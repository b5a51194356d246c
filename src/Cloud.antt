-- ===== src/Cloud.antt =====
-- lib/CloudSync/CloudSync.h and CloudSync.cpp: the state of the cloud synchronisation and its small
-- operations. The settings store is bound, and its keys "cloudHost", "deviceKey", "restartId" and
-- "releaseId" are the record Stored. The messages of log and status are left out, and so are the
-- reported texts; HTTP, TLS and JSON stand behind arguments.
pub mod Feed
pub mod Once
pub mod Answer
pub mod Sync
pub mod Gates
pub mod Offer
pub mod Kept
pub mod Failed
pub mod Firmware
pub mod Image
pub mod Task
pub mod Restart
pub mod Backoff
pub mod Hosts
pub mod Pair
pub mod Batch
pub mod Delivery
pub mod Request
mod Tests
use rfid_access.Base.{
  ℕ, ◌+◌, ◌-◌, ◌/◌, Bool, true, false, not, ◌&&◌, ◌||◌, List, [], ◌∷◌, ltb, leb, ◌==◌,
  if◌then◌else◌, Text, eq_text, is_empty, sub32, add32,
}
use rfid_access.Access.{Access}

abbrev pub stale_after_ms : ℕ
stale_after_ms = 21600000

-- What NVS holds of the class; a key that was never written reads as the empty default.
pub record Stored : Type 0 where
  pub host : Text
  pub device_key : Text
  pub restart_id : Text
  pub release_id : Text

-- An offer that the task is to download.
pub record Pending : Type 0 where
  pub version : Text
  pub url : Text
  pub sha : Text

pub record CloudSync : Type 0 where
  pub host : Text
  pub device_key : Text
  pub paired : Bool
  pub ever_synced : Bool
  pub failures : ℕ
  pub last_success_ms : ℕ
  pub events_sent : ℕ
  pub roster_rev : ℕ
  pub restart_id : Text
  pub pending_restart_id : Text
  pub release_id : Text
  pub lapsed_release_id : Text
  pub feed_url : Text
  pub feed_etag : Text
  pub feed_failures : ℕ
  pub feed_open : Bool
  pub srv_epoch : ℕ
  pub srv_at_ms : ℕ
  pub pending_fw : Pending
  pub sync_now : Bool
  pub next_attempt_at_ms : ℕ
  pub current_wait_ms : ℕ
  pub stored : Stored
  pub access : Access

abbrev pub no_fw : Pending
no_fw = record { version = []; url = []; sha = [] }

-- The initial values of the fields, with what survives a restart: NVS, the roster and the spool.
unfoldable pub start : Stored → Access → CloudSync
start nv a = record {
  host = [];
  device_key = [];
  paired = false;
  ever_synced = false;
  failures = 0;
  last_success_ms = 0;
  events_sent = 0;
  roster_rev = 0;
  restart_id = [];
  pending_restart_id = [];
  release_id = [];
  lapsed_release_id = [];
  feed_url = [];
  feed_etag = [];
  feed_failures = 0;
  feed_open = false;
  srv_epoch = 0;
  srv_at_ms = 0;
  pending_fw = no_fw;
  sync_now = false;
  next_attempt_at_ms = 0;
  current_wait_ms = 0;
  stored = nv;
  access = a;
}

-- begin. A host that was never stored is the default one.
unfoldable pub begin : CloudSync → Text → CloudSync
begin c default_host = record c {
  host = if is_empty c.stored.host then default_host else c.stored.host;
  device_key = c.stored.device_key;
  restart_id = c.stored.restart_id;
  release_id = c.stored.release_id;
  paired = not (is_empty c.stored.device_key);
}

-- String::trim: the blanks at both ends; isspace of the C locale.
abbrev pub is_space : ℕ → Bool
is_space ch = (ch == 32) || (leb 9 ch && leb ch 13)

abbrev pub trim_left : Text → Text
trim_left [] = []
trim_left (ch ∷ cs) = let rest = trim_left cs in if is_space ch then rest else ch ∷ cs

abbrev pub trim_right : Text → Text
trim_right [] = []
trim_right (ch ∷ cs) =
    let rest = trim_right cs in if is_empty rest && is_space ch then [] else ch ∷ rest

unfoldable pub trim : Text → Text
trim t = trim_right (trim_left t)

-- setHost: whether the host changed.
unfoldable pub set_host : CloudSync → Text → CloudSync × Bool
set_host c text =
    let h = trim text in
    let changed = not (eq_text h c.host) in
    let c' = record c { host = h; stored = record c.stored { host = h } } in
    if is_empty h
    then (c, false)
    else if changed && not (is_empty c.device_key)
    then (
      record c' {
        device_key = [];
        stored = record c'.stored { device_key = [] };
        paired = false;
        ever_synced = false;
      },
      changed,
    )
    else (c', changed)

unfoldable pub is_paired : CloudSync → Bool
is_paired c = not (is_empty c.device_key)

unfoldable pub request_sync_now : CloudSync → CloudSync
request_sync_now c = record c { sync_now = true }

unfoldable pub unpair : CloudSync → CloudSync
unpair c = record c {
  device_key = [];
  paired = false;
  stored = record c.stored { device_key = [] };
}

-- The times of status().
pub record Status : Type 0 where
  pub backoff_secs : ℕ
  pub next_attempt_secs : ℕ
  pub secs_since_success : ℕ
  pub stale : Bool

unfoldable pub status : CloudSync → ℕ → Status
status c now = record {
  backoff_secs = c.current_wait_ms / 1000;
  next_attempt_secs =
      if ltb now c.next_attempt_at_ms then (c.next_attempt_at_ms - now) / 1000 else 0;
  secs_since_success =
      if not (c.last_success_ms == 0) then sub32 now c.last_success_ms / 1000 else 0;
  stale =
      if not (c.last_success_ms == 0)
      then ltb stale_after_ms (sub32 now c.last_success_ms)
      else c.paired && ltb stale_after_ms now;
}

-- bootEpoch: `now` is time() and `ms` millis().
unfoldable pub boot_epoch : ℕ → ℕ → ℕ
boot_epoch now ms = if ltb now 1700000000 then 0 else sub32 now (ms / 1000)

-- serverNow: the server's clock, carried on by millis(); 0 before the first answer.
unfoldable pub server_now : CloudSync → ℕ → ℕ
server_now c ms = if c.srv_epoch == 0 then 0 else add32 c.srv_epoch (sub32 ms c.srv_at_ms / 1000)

■ Assignment: For the string "unfoldable", go through the entries above and copy each line where it occurs.

■ Written answer:
unfoldable pub start : Stored → Access → CloudSync
unfoldable pub begin : CloudSync → Text → CloudSync
unfoldable pub trim : Text → Text
unfoldable pub set_host : CloudSync → Text → CloudSync × Bool
unfoldable pub is_paired : CloudSync → Bool
unfoldable pub request_sync_now : CloudSync → CloudSync
unfoldable pub unpair : CloudSync → CloudSync
unfoldable pub status : CloudSync → ℕ → Status
unfoldable pub boot_epoch : ℕ → ℕ → ℕ
unfoldable pub server_now : CloudSync → ℕ → ℕ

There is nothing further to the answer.